↓↓↓

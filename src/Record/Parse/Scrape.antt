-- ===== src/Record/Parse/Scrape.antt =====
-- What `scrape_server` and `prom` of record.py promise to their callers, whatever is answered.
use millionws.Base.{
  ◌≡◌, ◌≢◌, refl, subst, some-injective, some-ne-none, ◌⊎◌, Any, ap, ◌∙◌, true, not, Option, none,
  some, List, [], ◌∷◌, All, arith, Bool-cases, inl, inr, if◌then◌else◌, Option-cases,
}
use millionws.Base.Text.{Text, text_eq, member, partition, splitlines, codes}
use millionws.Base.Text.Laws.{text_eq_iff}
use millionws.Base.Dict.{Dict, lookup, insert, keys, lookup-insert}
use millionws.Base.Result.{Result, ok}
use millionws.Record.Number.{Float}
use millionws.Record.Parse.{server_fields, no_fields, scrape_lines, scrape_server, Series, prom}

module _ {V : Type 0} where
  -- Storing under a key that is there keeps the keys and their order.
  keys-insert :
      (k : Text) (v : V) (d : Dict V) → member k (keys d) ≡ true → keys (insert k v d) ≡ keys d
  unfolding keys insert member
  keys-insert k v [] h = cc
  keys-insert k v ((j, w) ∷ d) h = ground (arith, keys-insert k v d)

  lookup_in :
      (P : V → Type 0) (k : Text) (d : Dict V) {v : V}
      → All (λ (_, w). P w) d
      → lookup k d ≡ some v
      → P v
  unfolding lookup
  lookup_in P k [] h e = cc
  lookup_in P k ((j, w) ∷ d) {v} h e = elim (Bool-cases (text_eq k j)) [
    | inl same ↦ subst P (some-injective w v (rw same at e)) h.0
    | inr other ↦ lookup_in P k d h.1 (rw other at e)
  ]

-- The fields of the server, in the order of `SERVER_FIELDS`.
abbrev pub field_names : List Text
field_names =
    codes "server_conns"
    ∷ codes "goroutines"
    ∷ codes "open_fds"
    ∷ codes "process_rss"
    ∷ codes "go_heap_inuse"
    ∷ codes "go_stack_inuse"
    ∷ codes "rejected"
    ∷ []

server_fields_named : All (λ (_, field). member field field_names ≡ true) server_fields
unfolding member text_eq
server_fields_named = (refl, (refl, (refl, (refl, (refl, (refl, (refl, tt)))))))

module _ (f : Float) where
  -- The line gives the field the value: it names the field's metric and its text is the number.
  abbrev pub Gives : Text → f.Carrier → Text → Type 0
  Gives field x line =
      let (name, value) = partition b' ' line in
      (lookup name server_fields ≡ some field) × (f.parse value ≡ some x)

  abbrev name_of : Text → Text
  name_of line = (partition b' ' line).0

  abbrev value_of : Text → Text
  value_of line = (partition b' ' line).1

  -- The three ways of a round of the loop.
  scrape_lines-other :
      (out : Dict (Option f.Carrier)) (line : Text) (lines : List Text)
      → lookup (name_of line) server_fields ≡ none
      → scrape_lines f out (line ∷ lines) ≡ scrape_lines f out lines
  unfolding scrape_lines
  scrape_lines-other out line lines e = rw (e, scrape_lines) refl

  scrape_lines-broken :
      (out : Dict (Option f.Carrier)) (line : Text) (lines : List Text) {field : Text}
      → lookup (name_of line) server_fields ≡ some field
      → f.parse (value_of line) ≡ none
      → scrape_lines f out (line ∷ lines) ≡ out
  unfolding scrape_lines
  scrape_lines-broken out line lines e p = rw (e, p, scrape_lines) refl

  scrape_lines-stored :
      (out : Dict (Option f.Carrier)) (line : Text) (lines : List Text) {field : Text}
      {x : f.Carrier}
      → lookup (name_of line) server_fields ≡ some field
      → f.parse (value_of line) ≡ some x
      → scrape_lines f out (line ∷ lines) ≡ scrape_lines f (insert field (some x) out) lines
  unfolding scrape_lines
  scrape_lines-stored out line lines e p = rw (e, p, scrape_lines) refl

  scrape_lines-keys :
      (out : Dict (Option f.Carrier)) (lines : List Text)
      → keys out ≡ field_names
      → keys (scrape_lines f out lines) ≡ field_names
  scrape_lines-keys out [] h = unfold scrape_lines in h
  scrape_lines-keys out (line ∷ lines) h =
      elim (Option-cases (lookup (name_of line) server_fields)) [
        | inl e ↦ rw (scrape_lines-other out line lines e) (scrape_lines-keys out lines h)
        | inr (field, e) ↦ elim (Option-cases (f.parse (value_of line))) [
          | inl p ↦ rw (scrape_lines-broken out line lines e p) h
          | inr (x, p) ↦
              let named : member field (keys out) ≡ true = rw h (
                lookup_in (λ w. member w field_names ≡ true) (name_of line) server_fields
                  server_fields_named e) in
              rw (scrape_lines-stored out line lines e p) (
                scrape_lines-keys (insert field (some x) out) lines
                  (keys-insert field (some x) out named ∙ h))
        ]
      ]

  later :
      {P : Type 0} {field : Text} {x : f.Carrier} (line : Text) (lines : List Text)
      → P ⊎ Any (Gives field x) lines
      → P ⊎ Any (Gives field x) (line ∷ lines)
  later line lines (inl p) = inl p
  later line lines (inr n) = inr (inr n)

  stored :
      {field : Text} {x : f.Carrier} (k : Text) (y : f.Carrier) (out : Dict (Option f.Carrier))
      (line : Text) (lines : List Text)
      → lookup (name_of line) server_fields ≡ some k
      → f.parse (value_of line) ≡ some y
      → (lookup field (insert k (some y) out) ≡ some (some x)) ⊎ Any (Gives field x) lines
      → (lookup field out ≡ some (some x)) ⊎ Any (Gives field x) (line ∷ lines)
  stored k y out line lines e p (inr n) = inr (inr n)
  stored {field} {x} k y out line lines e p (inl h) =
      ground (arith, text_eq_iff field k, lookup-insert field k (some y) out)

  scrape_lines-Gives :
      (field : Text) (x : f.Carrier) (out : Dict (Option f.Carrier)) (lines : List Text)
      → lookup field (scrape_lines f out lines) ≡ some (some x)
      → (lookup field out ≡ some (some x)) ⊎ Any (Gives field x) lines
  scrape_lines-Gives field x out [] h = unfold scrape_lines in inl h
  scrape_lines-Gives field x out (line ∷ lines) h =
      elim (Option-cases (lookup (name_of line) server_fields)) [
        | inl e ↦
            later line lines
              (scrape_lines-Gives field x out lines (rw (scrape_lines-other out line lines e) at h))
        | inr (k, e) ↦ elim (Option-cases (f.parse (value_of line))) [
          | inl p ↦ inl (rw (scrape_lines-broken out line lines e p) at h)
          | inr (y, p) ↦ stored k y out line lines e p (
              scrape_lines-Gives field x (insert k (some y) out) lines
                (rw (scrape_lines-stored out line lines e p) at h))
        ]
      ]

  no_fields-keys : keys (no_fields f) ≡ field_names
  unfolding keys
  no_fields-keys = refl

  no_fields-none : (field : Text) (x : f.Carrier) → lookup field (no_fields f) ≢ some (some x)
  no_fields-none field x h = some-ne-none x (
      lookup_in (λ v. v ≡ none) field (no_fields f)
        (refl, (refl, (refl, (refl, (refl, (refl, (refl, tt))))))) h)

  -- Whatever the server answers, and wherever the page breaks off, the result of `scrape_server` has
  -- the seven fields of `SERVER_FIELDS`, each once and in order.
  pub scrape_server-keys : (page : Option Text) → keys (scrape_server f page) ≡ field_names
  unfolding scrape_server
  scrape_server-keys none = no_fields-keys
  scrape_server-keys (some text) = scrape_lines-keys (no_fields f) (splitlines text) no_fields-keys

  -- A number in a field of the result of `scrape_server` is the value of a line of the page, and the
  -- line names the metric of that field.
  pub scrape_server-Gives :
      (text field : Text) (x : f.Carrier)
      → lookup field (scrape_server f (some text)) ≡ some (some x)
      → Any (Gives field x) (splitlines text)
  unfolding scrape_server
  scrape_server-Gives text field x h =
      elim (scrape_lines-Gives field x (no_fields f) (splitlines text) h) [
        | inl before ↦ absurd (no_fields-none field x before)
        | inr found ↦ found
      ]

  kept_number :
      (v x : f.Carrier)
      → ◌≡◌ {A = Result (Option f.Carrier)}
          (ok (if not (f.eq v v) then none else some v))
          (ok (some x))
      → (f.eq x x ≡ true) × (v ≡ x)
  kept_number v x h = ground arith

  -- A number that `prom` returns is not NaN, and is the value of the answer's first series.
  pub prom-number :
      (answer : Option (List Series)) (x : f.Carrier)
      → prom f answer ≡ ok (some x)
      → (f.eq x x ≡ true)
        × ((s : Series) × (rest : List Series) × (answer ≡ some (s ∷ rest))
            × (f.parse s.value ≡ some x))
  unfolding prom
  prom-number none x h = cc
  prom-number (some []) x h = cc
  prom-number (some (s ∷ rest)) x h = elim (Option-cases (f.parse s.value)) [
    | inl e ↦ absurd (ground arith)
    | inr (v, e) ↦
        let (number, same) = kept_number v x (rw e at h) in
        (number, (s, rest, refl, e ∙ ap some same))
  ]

↑↑↑

*Work request*: When you reach the line that contains "prom-number (some (s" in the material above, please copy it and every line after it exactly, stopping only at the last line.

*Exercise output*:
  prom-number (some (s ∷ rest)) x h = elim (Option-cases (f.parse s.value)) [
    | inl e ↦ absurd (ground arith)
    | inr (v, e) ↦
        let (number, same) = kept_number v x (rw e at h) in
        (number, (s, rest, refl, e ∙ ap some same))
  ]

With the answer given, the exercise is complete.